Aceitávamos silenciosamente. Nosso olhar era de observação, estudávamos os inimigos. Mas carregava toda a fúria e revolta de nossa alma. Ódios trocados, duelos de olhos que se batiam como espadas em fogo. Resistir sem sermos quebrados, era nosso esforço. Chegaria nossa vez.
Vivíamos à noite, quanto Lauro e os guardas dormiam e dormíamos de dia, quando eles nos vigiavam. Inventávamos jogos e contávamos histórias pelo encanamento da privada, nosso nauseabundo "telefone".
Amarrávamos linha a um sabonete e arremessávamos pelo encanamento da privada. O companheiro dos andares acima, fazia o mesmo com uma linha mais forte. Balançávamos as linhas até que se embaraçassem. Então puxávamos trazendo a linha do parceiro em regime comum.
Por ali transportávamos cigarros, fósforos, café, bang bang e outras coisas. Pela manhã tudo era devolvido, antes da eletrizante visita dos "amigos" do Choque. Alguém colocava o rádio na privada e ouvíamos música pela noite adentro.
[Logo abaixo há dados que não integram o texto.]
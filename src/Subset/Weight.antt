-- ===== src/Subset/Weight.antt =====
-- The children that are visited hold no more dicts than the dict they stand in, so the rounds of the
-- loop are bounded.
use claw_tune.Base.{
  ℕ, ◌+◌, ◌≤◌, ◌≡◌, ◌≢◌, refl, ◌∙◌, ap, ltb, true, false, inl, inr, Option, none, some, is_some,
  List, [], ◌∷◌, length, if◌then◌else◌, is_yes, arith, Bool-cases,
}
use claw_tune.Superset.{has, insert}
use claw_tune.Subset.{
  Terminal, Child, leaf, inner, Children, nil, cons, get_child, set_of, cons_child, by_features,
  by_items, chosen, count, weight, weights,
}

module _ {F : Type 0} (dec : Discrete F) where
  -- How many dicts there are below the children.
  unfoldable pub child_weight : Child F → ℕ
  child_weight (leaf t) = 0
  child_weight (inner b) = weight b

  unfoldable pub total_weight : List (Child F) → ℕ
  total_weight [] = 0
  total_weight (c ∷ cs) = child_weight c + total_weight cs

  weights-cons :
      (f : F) (c : Child F) (cs : Children F) → weights (cons f c cs) ≡ child_weight c + weights cs
  unfolding weight child_weight
  weights-cons f (leaf t) cs = omega arith
  weights-cons f (inner b) cs = refl

  by_items_weight :
      (allowed : List F) (cs : Children F) → total_weight (by_items dec allowed cs) ≤ weights cs
  unfolding by_items total_weight
  by_items_weight allowed nil = omega arith
  by_items_weight allowed (cons f c cs) = elim (Bool-cases (has dec f allowed)) [
    | inl e ↦ rw e (omega (arith, by_items_weight allowed cs, weights-cons f c cs))
    | inr e ↦ rw e (omega (arith, by_items_weight allowed cs, weights-cons f c cs))
  ]

  -- A list that repeats nothing.
  abbrev pub IsSetList : List F → Type 0
  IsSetList [] = Unit
  IsSetList (f ∷ fs) = (has dec f fs ≡ false) × IsSetList fs

  pub set_of-IsSetList : (fs : List F) → IsSetList (set_of dec fs)
  unfolding set_of insert
  set_of-IsSetList [] = tt
  set_of-IsSetList (f ∷ fs) = elim (Bool-cases (has dec f (set_of dec fs))) [
    | inl e ↦ rw e (set_of-IsSetList fs)
    | inr e ↦ rw e (e, set_of-IsSetList fs)
  ]

  by_features_other :
      (fs : List F) (g : F) (c : Child F) (cs : Children F)
      → has dec g fs ≡ false
      → by_features dec fs (cons g c cs) ≡ by_features dec fs cs
  unfolding by_features get_child has
  by_features_other [] g c cs h = refl
  by_features_other (f ∷ fs) g c cs h = elim (dec g f) [
    | yes p ↦ absurd (ground (arith, h, p, dec f g))
    | no n ↦ rw (by_features_other fs g c cs (ground (arith, h))) (ground (arith, n))
  ]

  first_weight :
      (o : Option (Child F)) (c : Child F) (xs ys : List (Child F))
      → total_weight xs ≤ total_weight ys
      → total_weight (c ∷ xs) ≤ child_weight c + total_weight (cons_child dec o ys)
  unfolding total_weight cons_child
  first_weight none c xs ys h = omega (arith, h)
  first_weight (some d) c xs ys h = omega (arith, h)

  rest_weight :
      (o : Option (Child F)) (c : Child F) (xs ys : List (Child F))
      → total_weight xs ≤ child_weight c + total_weight ys
      → total_weight (cons_child dec o xs) ≤ child_weight c + total_weight (cons_child dec o ys)
  unfolding total_weight cons_child
  rest_weight none c xs ys h = h
  rest_weight (some d) c xs ys h = omega (arith, h)

  by_features_step :
      (fs : List F) (g : F) (c : Child F) (cs : Children F)
      → IsSetList fs
      → total_weight (by_features dec fs (cons g c cs))
        ≤ child_weight c + total_weight (by_features dec fs cs)
  unfolding by_features get_child total_weight cons_child
  by_features_step [] g c cs u = omega arith
  by_features_step (f ∷ fs) g c cs u = elim (dec g f) [
    | yes p ↦ rw (is_yes_of g f p) (
        first_weight (get_child dec f cs) c (by_features dec fs (cons g c cs))
          (by_features dec fs cs)
          (rw (by_features_other fs g c cs (ap (λ x. has dec x fs) p ∙ u.0)) (omega arith)))
    | no n ↦ rw (is_no_of g f n) (
        rest_weight (get_child dec f cs) c (by_features dec fs (cons g c cs))
          (by_features dec fs cs) (by_features_step fs g c cs u.1))
  ]
    where
      is_yes_of : (a b : F) → a ≡ b → is_yes (dec a b) ≡ true
      is_yes_of a b p = elim (dec a b) as (λ d. is_yes d ≡ true) [
        | yes q ↦ refl
        | no n ↦ absurd (n p)
      ]

      is_no_of : (a b : F) → a ≢ b → is_yes (dec a b) ≡ false
      is_no_of a b n = elim (dec a b) as (λ d. is_yes d ≡ false) [
        | yes q ↦ absurd (n q)
        | no m ↦ refl
      ]

  nothing : (fs : List F) → total_weight (by_features dec fs nil) ≡ 0
  unfolding by_features get_child total_weight cons_child
  nothing [] = refl
  nothing (f ∷ fs) = nothing fs

  by_features_weight :
      (fs : List F) (cs : Children F)
      → IsSetList fs
      → total_weight (by_features dec fs cs) ≤ weights cs
  unfolding weight
  by_features_weight fs nil u = rw (nothing fs) (omega arith)
  by_features_weight fs (cons g c cs) u =
      omega (arith, by_features_step fs g c cs u, by_features_weight fs cs u, weights-cons g c cs)

  pub chosen_weight :
      (allowed : List F) (n : Option (Terminal F)) (cs : Children F)
      → IsSetList allowed
      → total_weight (chosen dec allowed n cs) ≤ weights cs
  unfolding chosen
  chosen_weight allowed n cs u =
      elim (Bool-cases (ltb (length allowed + 1) (count cs + (if is_some n then 1 else 0)))) [
        | inl e ↦ rw e (by_features_weight allowed cs u)
        | inr e ↦ rw e (by_items_weight allowed cs)
      ]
Guardávamos cigarros e fósforos entre as nádegas. Os guardas nos marcavam sob pressão. Possuíam prazer mórbido de nos pegar em infração disciplinar para aumentar nossa estadia naquele inferno. Não bastavam os longos anos de prisão que cada um de nós tinha a cumprir.
Carlão nem ligava mais. Estava condenado a mais de cinco anos de cela forte. Matara três companheiros e ferira uma meia dúzia de uma vez só. Fora outros que matava sempre que tinha chance. O que seriam meses para quem já estava ali a anos e tinha anos para ficar?
Lauro ficava indignado. Não aceitava que na cela-forte “dele”, fôssemos surpreendidos com cigarros, papel, caneta e até raramente, maconha. O Chefe de Disciplina exigia explicações dele. O sujeito nos denunciava, contando como fazíamos o transporte e como nos comunicávamos com os companheiros do regime comum.
Um canalha. À primeira oportunidade, seria assassinado. Carlão o olhava quase babando de vontade de beber seu sangue. Mas o sujeito era esperto. Quando nos soltavam, ele se trancava em sua cela.
O Cirane não admitia. Os presos em regime disciplinar não podiam continuar contrabandeando coisas que ele considerava regalias. Foi Lauro quem surgiu com a idéia de mudar o encanamento das celas fortes. Caixas coletoras só para as celas disciplinares. Era dispendioso. Mas para nos sacanear, gastos não seriam considerados. Desenhou, montou o orçamento e se propôs a concretizar o projeto.
O que ganharia com isso? Continuaria gozando de regalias: ficar solto à noite; alimentação melhor; chave da porta de sua cela na sua mão; poder ir e vir nos pavilhões; espaço e liberdade. Era uma identificação. Queria diferenciação, ser alguém no contexto da prisão. Essas eram as motivações conhecidas e declaradas.
Em prazo recorde, concluiu o projeto. Tornou impossível a comunicação com o mundo exterior à nossas celas. Por trás, uma motivação oculta, de caráter econômico. Dai para frente, se quiséssemos fumar, ler, escrever, receber ou dar algum recado, era preciso pagar um imposto super abusivo para o nosso “caro amigo” Lauro.
Nossos amigos nos prestavam assistência. Mais da metade ficava com nosso algoz, para que chegasse até nós. E carecíamos ser cordiais, gentis e sorrir para o safado. Caso contrário, nem pagando alto preço, recebíamos nada.
Durante anos, esse pilantra nos explorou o quanto quis. Ainda recebia rasgados elogios pelo seu comportamento, da Diretoria da Casa. Culminaram em premiá-lo com a liberdade. A única dúvida é se lá fora ele conseguiu todo espaço e liberdade que possuía na prisão.